When combined with chemotherapy, treatment with the investigational monoclonal antibody margetuximab provoked a greater progression-free survival (PFS) benefit than trastuzumab in patients with pretreated HER2-positive metastatic breast cancer, according to an interim analysis of the phase 3 SOPHIA trial presented at the 2019 San Antonio Breast Cancer Symposium.

The greatest benefit was observed in patients with CD16A genotypes harboring the 158F allele.

Photo by © MedMeetingImages/Todd Buchanan 2018

Monoclonal antibodies are regularly used in the treatment of early-stage and advanced HER2-positive breast cancer. There are few established options for patients with relapsed or refractory disease beyond trastuzumab, pertuzumab and ado-trastuzumab emtansine.

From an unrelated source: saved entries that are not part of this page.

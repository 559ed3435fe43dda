-- ===== src/Routes/Conn.antt =====
-- Who is connected to whom: `build_conn_info` of cloudflare/wasm/src/route_state.rs. The relay is
-- the centre of a star.
pub mod Star
pub mod Caches
use intranet_penetration_clo.Common.{
  ℕ, zero, suc, ◌+◌, ◌-◌, ◌*◌, ◌/◌, ◌%◌, ◌^◌, bit_or, Bool, true, false, not, ◌&&◌, ◌||◌, Option,
  none, some, List, [], ◌∷◌, map, filter, length, get_or, set, replicate, eqb, ltb, if◌then◌else◌,
}
use intranet_penetration_clo.Common.Result.{Result, ok, err}
use intranet_penetration_clo.Common.Dict.{Dict, lookup}
use intranet_penetration_clo.Common.Key.{nat_key}
use intranet_penetration_clo.Packet.{Bytes}
use intranet_penetration_clo.Window.{set_bit}
use intranet_penetration_clo.Routes.{
  RouteGroup, SessionState, ConnInfo, conn_bitmap, conn_peer_list, RouteConnBitmap, PeerConnInfo,
  PeerIdVersion, RouteError, too_many_legacy_peers, version_of,
}

abbrev pub max_legacy_bitmap_peers : ℕ
max_legacy_bitmap_peers = 8_192

abbrev pub saved_route_version_ttl_ms : ℕ
saved_route_version_ttl_ms = 60_000

-- `set_bit` on the bit of row and column.
unfoldable pub set_cell : ℕ → ℕ → ℕ → Bytes → Bytes
set_cell n row col bitmap = set_bit bitmap (row * n + col)

-- `for i in 0..n { set_bit(i, i) }`, counting down; the bits do not depend on each other.
unfoldable pub set_diagonal : ℕ → ℕ → Bytes → Bytes
set_diagonal n zero bitmap = bitmap
set_diagonal n (suc i) bitmap = set_cell n i i (set_diagonal n i bitmap)

unfoldable pub set_star : ℕ → ℕ → ℕ → Bytes → Bytes
set_star n server zero bitmap = bitmap
set_star n server (suc i) bitmap =
    if eqb i server
    then set_star n server i bitmap
    else set_cell n i server (set_cell n server i (set_star n server i bitmap))

unfoldable pub set_row : ℕ → ℕ → ℕ → Bytes → Bytes
set_row n i zero bitmap = bitmap
set_row n i (suc j) bitmap = set_cell n i j (set_row n i j bitmap)

unfoldable pub set_mesh : ℕ → ℕ → Bytes → Bytes
set_mesh n zero bitmap = bitmap
set_mesh n (suc i) bitmap = set_row n i n (set_mesh n i bitmap)

-- `idx_by_peer.get(…)`, on a list without repetitions.
unfoldable pub index_of : ℕ → List ℕ → Option ℕ
index_of x [] = none
index_of x (y ∷ ys) =
    if eqb x y then some 0 else elim (index_of x ys) [ none ↦ none | some i ↦ some (suc i) ]

abbrev with_links : ℕ → Option ℕ → Bytes → Bytes
with_links n none bitmap = set_mesh n n bitmap
with_links n (some server) bitmap = set_star n server n bitmap

unfoldable pub build_bitmap : ℕ → List ℕ → Bytes
build_bitmap my_peer_id relevant =
    let n = length relevant in
    with_links n (index_of my_peer_id relevant) (set_diagonal n n (replicate ((n * n + 7) / 8) 0))

abbrev pub with_version : Dict ℕ ℕ → ℕ → PeerIdVersion
with_version versions pid = record { peer_id = pid; version = version_of versions pid }

abbrev pub compute_bitmap : ℕ → List ℕ → Dict ℕ ℕ → RouteConnBitmap
compute_bitmap my_peer_id relevant versions = record {
  peer_ids = map (with_version versions) relevant;
  bitmap = build_bitmap my_peer_id relevant;
}

abbrev pub neighbours : ℕ → List ℕ → ℕ → List ℕ
neighbours my_peer_id relevant pid =
    if eqb pid my_peer_id then filter (λ c. not (eqb c my_peer_id)) relevant else my_peer_id ∷ []

abbrev pub compute_peer_list : ℕ → List ℕ → Dict ℕ ℕ → List PeerConnInfo
compute_peer_list my_peer_id relevant versions =
    map
      (λ pid. record {
        peer = with_version versions pid;
        connected_peer_ids = neighbours my_peer_id relevant pid;
      })
      relevant

-- A cached value of this very topology.
abbrev pub cached {ℓ} : {A : Type ℓ} → ℕ → Option (ℕ × A) → Option A
cached topology none = none
cached topology (some (version, a)) = if eqb version topology then some a else none

abbrev pub is_up_to_date : ℕ → RouteGroup → Option SessionState → Bool
is_up_to_date now g none = false
is_up_to_date now g (some session) =
    eqb session.last_topology_version g.topology_version
    && ltb (now - session.last_topology_touch_ms) saved_route_version_ttl_ms

list_or_cached : ℕ → List ℕ → RouteGroup → Option (List PeerConnInfo) → RouteGroup × Option ConnInfo
list_or_cached my_peer_id relevant g (some cached) = (g, some (conn_peer_list cached))
list_or_cached my_peer_id relevant g none =
    let result = compute_peer_list my_peer_id relevant g.peer_conn_versions in
    (
      record g { cached_conn_peer_list = some (g.topology_version, result) },
      some (conn_peer_list result),
    )

bitmap_or_cached :
    ℕ
    → List ℕ
    → RouteGroup
    → Option RouteConnBitmap
    → Result RouteError (RouteGroup × Option ConnInfo)
bitmap_or_cached my_peer_id relevant g (some cached) = ok (g, some (conn_bitmap cached))
bitmap_or_cached my_peer_id relevant g none =
    if ltb max_legacy_bitmap_peers (length relevant)
    then err too_many_legacy_peers
    else (let result = compute_bitmap my_peer_id relevant g.peer_conn_versions in
        ok (
          record g { cached_conn_bitmap = some (g.topology_version, result) },
          some (conn_bitmap result),
        ))

-- The group changes in its caches alone, and not where there is an error.
unfoldable pub build_conn_info :
    ℕ → List ℕ → ℕ → Bool → ℕ → RouteGroup → Result RouteError (RouteGroup × Option ConnInfo)
unfolding list_or_cached bitmap_or_cached
build_conn_info my_peer_id relevant target supports_conn_list now g =
    if eqb (length relevant) 0
    then ok (g, none)
    else if is_up_to_date now g (lookup target g.sessions)
    then ok (g, none)
    else if supports_conn_list
    then ok
        (list_or_cached my_peer_id relevant g (cached g.topology_version g.cached_conn_peer_list))
    else bitmap_or_cached my_peer_id relevant g (cached g.topology_version g.cached_conn_bitmap)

Hope S. Rugo, MD, professor of medicine at University of California, San Francisco and director of breast oncology and clinical trials education at the Helen Diller Family Comprehensive Cancer Center, and colleagues established the benefit of margetuximab, an Fc-engineered anti-HER2 monoclonal antibody, in combination with chemotherapy for patients with HER2-positive metastatic breast cancer.

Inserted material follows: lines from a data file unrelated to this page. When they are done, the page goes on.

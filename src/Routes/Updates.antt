-- ===== src/Routes/Updates.antt =====
-- The operations on a network's route state: `RouteState` of cloudflare/wasm/src/route_state.rs, on
-- the group that it looks up. A request or response is the message that its bytes decode to.
use intranet_penetration_clo.Common.{
  ℕ, ◌+◌, ◌-◌, ◌%◌, max, Bool, true, false, not, ◌&&◌, ◌||◌, Option, none, some, List, [], ◌∷◌,
  length, eqb, ltb, if◌then◌else◌,
}
use intranet_penetration_clo.Common.Result.{Result, ok, err}
use intranet_penetration_clo.Common.Action.{Action}
use intranet_penetration_clo.Common.Dict.{Dict, lookup, insert, delete, has}
use intranet_penetration_clo.Common.Key.{nat_key, list_key}
use intranet_penetration_clo.Packet.{Bytes}
use intranet_penetration_clo.Routes.{
  RouteGroup, RoutePeerInfo, SessionState, SavedVersion, ConnInfo, RouteError, bad_key_length,
  bound_to_another_key, session_of, put_session, add, remove, contains, bump_all_conn_versions,
}
use intranet_penetration_clo.Routes.Conn.{build_conn_info, saved_route_version_ttl_ms}

pub record SyncRequest : Type 0 where
  pub my_peer_id : ℕ
  pub my_session_id : ℕ
  pub is_initiator : Bool
  pub peer_infos : Option (List RoutePeerInfo)
  pub conn_info : Option ConnInfo

pub record SyncResponse : Type 0 where
  pub is_initiator : Bool
  pub session_id : ℕ
  pub error : Option ℕ

pub record RouteSyncOutcome : Type 0 where
  pub response : SyncResponse
  pub route_changed : Bool
  pub session_changed : Bool

pub record RouteUpdate : Type 0 where
  pub payload : SyncRequest
  pub peer_info_versions : List (ℕ × ℕ)
  pub topology_version : Option ℕ

abbrev pub is_some {ℓ} : {A : Type ℓ} → Option A → Bool
is_some none = false
is_some (some a) = true

abbrev pub same_bytes : Bytes → Bytes → Bool
same_bytes a b = list_key.same a b

abbrev pub is_other_key : Bytes → Option Bytes → Bool
is_other_key key none = false
is_other_key key (some current) = not (same_bytes current key)

unfoldable pub add_peer : ℕ → ℕ → Bytes → RouteGroup → Result RouteError RouteGroup
add_peer my_peer_id peer_id key g =
    if not (eqb (length key) 32)
    then err bad_key_length
    else if is_other_key key (lookup peer_id g.authenticated_peer_keys)
    then err bound_to_another_key
    else (let bound = record g {
      authenticated_peer_keys = insert peer_id key g.authenticated_peer_keys;
      peers = add peer_id g.peers;
    } in
        ok (if contains peer_id g.peers then bound else bump_all_conn_versions my_peer_id bound))

abbrev pub map_values {ℓ κ} : {K : Type ℓ} {V : Type κ} → (V → V) → Dict K V → Dict K V
map_values f [] = []
map_values f ((k, v) ∷ m) = (k, f v) ∷ map_values f m

abbrev forget_peer : ℕ → SessionState → SessionState
forget_peer peer_id session = record session {
  peer_info_ver_map = delete peer_id session.peer_info_ver_map;
  last_topology_version = 0;
}

unfoldable pub remove_peer : ℕ → ℕ → RouteGroup → RouteGroup
remove_peer my_peer_id peer_id g =
    let was_present = contains peer_id g.peers in
    let had_info = has peer_id g.peer_infos in
    let without = record g {
      peers = remove peer_id g.peers;
      peer_infos = delete peer_id g.peer_infos;
      authenticated_peer_keys = delete peer_id g.authenticated_peer_keys;
      sessions = map_values (forget_peer peer_id) (delete peer_id g.sessions);
      peer_conn_versions = delete peer_id g.peer_conn_versions;
    } in
    if was_present || had_info then bump_all_conn_versions my_peer_id without else without

abbrev pub is_session : ℕ → Option ℕ → Bool
is_session id none = false
is_session id (some other) = eqb other id

-- The session once the other side has named its session id.
abbrev pub meet_session : ℕ → Bool → ℕ → SessionState → SessionState
meet_session their_id we_are_initiator now s =
    let met =
      if is_session their_id s.dst_session_id
      then s
      else record s { peer_info_ver_map = []; foreign_net_ver = 0; last_topology_version = 0 } in
    record met {
      dst_session_id = some their_id;
      we_are_initiator = we_are_initiator;
      last_touch_ms = now;
    }

unfoldable pub on_route_session_ack : ℕ → ℕ → Bool → ℕ → RouteGroup → RouteGroup
on_route_session_ack peer_id their_session_id we_are_initiator now g =
    put_session peer_id (meet_session their_session_id we_are_initiator now (session_of peer_id g))
      g

abbrev pub saved_version : Option SavedVersion → ℕ
saved_version none = 0
saved_version (some saved) = saved.version

unfoldable pub save_versions : ℕ → List (ℕ × ℕ) → Dict ℕ SavedVersion → Dict ℕ SavedVersion
save_versions now [] saved = saved
save_versions now ((pid, version) ∷ rest) saved = save_versions now rest (
    insert pid
      (record { version = max (saved_version (lookup pid saved)) version; touched_at_ms = now })
      saved)

abbrev commit_topology : ℕ → Option ℕ → SessionState → SessionState
commit_topology now none s = s
commit_topology now (some version) s = record s {
  last_topology_version = max s.last_topology_version version;
  last_topology_touch_ms = now;
}

unfoldable pub commit_route_update : ℕ → List (ℕ × ℕ) → Option ℕ → ℕ → RouteGroup → RouteGroup
commit_route_update peer_id versions topology now g =
    let s = session_of peer_id g in
    let saved =
      commit_topology now topology
        (record s { peer_info_ver_map = save_versions now versions s.peer_info_ver_map }) in
    put_session peer_id (record saved { last_touch_ms = now }) g

-- The version that both setters raise.
abbrev pub raise_my_version : RouteGroup → RouteGroup
raise_my_version g =
    let version = (g.my_info_version + 1) % 4294967296 in
    record g { my_info_version = version; my_info = record g.my_info { version = version } }

unfoldable pub set_my_noise_public_key : Bytes → RouteGroup → Result RouteError RouteGroup
set_my_noise_public_key key g =
    if not (eqb (length key) 32)
    then err bad_key_length
    else ok
        (raise_my_version (record g { my_info = record g.my_info { noise_static_pubkey = key } }))

abbrev info_of : ℕ → ℕ → RouteGroup → Option RoutePeerInfo
info_of my_peer_id pid g = if eqb pid my_peer_id then some g.my_info else lookup pid g.peer_infos

-- The version that the other side is known to have, while that is recent.
abbrev pub known_version : ℕ → Option SavedVersion → ℕ
known_version now none = 0
known_version now (some saved) =
    if ltb (now - saved.touched_at_ms) saved_route_version_ttl_ms then saved.version else 0

abbrev is_news : Bool → ℕ → SessionState → ℕ → Option RoutePeerInfo → Bool
is_news full now session pid none = false
is_news full now session pid (some info) =
    full || ltb (known_version now (lookup pid session.peer_info_ver_map)) (max info.version 1)

abbrev pub items_of : Option RoutePeerInfo → ℕ → List (ℕ × RoutePeerInfo) → List (ℕ × RoutePeerInfo)
items_of none pid rest = rest
items_of (some info) pid rest = (pid, info) ∷ rest

-- The infos to send, each with its peer.
unfoldable pub news_for :
    ℕ → ℕ → Bool → ℕ → SessionState → RouteGroup → List ℕ → List (ℕ × RoutePeerInfo)
news_for my_peer_id target full now session g [] = []
news_for my_peer_id target full now session g (pid ∷ pids) =
    let rest = news_for my_peer_id target full now session g pids in
    let info = info_of my_peer_id pid g in
    if not (eqb pid target) && is_news full now session pid info
    then items_of info pid rest
    else rest

abbrev pub infos {ℓ κ} : {K : Type ℓ} {A : Type κ} → List (K × A) → List A
infos [] = []
infos ((k, a) ∷ rest) = a ∷ infos rest

abbrev pub versions_of : List (ℕ × RoutePeerInfo) → List (ℕ × ℕ)
versions_of [] = []
versions_of ((pid, info) ∷ rest) = (pid, max info.version 1) ∷ versions_of rest

abbrev none_if_empty {ℓ} : {A : Type ℓ} → List A → Option (List A)
none_if_empty [] = none
none_if_empty (a ∷ rest) = some (a ∷ rest)

-- All peers with the relay and the target.
abbrev pub relevant_peers : ℕ → ℕ → RouteGroup → List ℕ
relevant_peers my_peer_id target g = add target (add my_peer_id g.peers)

abbrev supports_list : Option RoutePeerInfo → Bool
supports_list none = false
supports_list (some info) = info.support_conn_list_sync

abbrev pub topology_if {ℓ} : {A : Type ℓ} → ℕ → Option A → Option ℕ
topology_if version none = none
topology_if version (some a) = some version

-- `build_sync_route_info_request`, which changes the session also where it fails.
unfoldable pub build_sync_request :
    (my_peer_id target server_session_id : ℕ)
    → (we_are_initiator force_full : Bool) → (now : ℕ) → Action RouteError RouteGroup RouteUpdate
build_sync_request my_peer_id target server_session_id we_are_initiator force_full now g =
    let session = record (session_of target g) {
      my_session_id = some server_session_id;
      last_touch_ms = now;
    } in
    let g' = put_session target session g in
    let full = force_full || not (is_some session.dst_session_id) in
    let relevant = relevant_peers my_peer_id target g' in
    let news = news_for my_peer_id target full now session g' relevant in
    elim (build_conn_info my_peer_id relevant target (supports_list (lookup target g'.peer_infos))
      now g') [
        | err e ↦ (err e, g')
        | ok built ↦ (
          ok (record {
            payload = record {
              my_peer_id = my_peer_id;
              my_session_id = server_session_id;
              is_initiator = we_are_initiator;
              peer_infos = none_if_empty (infos news);
              conn_info = built.1;
            };
            peer_info_versions = versions_of news;
            topology_version = topology_if g'.topology_version built.1;
          }),
          built.0,
        )
      ]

“Compared with trastuzumab, margetuximab has higher affinity for both 158V (high binding) and 158F (low binding) alleles of the activating Fc receptor, CD16A,” Rugo and colleagues wrote. “Margetuximab enhances innate immunity, including CD16A-mediated antibody-dependent cellular cytotoxicity, more effectively than trastuzumab.”

The study included data from 536 patients who experienced disease progression after at least two previous lines of anti-HER2 therapy, as well as one to three lines of therapy for HER2-positive metastatic breast cancer.

The researchers randomly assigned patients to chemotherapy plus margetuximab (n = 266) or trastuzumab (n = 270). Margetuximab was administered intravenously every 3 weeks. PFS and overall survival (OS) served as the study’s primary endpoints.

Results of the second interim analysis, reported after the study crossed the OS analysis boundary of 270 deaths, showed that treatment with margetuximab significantly prolonged PFS when compared with trastuzumab (median, 5.8 months vs. 4.9 months; hazard ratio [HR], 0.76; 95% CI, 0.59-0.98; P = .0033).

The researchers observed more pronounced results in patients harboring the 158F allele in CD16A genotypes (median PFS, 6.9 months vs. 5.1 months; HR, 0.68; 95% CI, 0.58-0.9; nominal P = .005).

OS results from the second interim analysis will be presented during the meeting. At the first interim analysis, the intent-to-treat population had an HR of 0.95 (95% CI, 0.69-1.31) and the CD16A/FF or FV genotype population (n = 457) had an HR of 0.82 (95% CI, 0.58-1.17).

Safety was comparable between the two treatments. Fifty-two percent (n = 138) of patients assigned margetuximab and 48% (n = 128) of patients assigned trastuzumab experienced grade 3 or higher adverse events. Serious adverse events were observed in 15% (n = 39) of the margetuximab population and 17% (n = 46) of the trastuzumab population.

“Maturing data comparing the OS of pts treated with margetuximab versus trastuzumab with chemotherapy will provide important new insights in characterizing clinical activity of this regimen in patients with metastatic breast cancer,” Rugo and colleagues concluded.